━━━ Supplied data

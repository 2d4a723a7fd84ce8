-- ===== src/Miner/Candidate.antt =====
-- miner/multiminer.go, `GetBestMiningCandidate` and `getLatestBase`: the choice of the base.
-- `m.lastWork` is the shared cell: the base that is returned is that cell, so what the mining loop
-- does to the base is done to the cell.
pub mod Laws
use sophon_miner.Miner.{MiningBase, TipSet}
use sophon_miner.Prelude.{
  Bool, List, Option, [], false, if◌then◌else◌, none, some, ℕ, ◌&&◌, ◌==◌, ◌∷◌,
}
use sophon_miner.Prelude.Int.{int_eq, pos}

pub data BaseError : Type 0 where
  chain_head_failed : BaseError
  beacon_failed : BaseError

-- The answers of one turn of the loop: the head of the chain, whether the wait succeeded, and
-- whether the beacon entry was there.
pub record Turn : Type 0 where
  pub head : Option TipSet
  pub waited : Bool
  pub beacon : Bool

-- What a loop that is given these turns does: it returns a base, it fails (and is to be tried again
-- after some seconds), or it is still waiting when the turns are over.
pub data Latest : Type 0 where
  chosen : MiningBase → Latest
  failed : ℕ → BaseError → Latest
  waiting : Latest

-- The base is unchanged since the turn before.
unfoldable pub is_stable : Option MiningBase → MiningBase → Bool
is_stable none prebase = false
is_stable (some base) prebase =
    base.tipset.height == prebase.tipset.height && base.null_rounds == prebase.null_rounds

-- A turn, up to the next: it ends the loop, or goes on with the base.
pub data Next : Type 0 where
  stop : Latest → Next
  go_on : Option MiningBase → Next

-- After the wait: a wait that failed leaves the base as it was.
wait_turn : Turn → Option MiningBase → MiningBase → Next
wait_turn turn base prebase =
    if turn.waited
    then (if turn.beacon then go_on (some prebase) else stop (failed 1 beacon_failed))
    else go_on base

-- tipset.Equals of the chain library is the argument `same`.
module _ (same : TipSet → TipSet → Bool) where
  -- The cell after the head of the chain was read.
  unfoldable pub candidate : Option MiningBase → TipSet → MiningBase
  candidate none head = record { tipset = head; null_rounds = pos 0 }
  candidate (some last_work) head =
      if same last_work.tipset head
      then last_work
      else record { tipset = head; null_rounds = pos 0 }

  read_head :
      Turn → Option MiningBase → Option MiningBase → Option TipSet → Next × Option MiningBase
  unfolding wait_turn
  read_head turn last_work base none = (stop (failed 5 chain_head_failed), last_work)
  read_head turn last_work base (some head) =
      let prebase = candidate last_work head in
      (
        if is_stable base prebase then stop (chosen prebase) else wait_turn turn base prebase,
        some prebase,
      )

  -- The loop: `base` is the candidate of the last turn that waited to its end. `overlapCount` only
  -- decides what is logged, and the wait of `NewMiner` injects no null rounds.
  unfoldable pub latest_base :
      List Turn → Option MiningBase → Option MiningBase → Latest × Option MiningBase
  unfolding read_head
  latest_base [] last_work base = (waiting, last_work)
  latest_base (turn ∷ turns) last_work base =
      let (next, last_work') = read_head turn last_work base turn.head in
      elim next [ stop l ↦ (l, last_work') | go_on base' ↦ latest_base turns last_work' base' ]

━━━━━━

▶ _Task requirements_
Could you repeat exactly the lines above from the line with "if same last_work.tipset head" up to and including the line with "unfoldable pub latest_base", and only those?

▶ _Solved exercise_
      if same last_work.tipset head
      then last_work
      else record { tipset = head; null_rounds = pos 0 }

  read_head :
      Turn → Option MiningBase → Option MiningBase → Option TipSet → Next × Option MiningBase
  unfolding wait_turn
  read_head turn last_work base none = (stop (failed 5 chain_head_failed), last_work)
  read_head turn last_work base (some head) =
      let prebase = candidate last_work head in
      (
        if is_stable base prebase then stop (chosen prebase) else wait_turn turn base prebase,
        some prebase,
      )

  -- The loop: `base` is the candidate of the last turn that waited to its end. `overlapCount` only
  -- decides what is logged, and the wait of `NewMiner` injects no null rounds.
  unfoldable pub latest_base :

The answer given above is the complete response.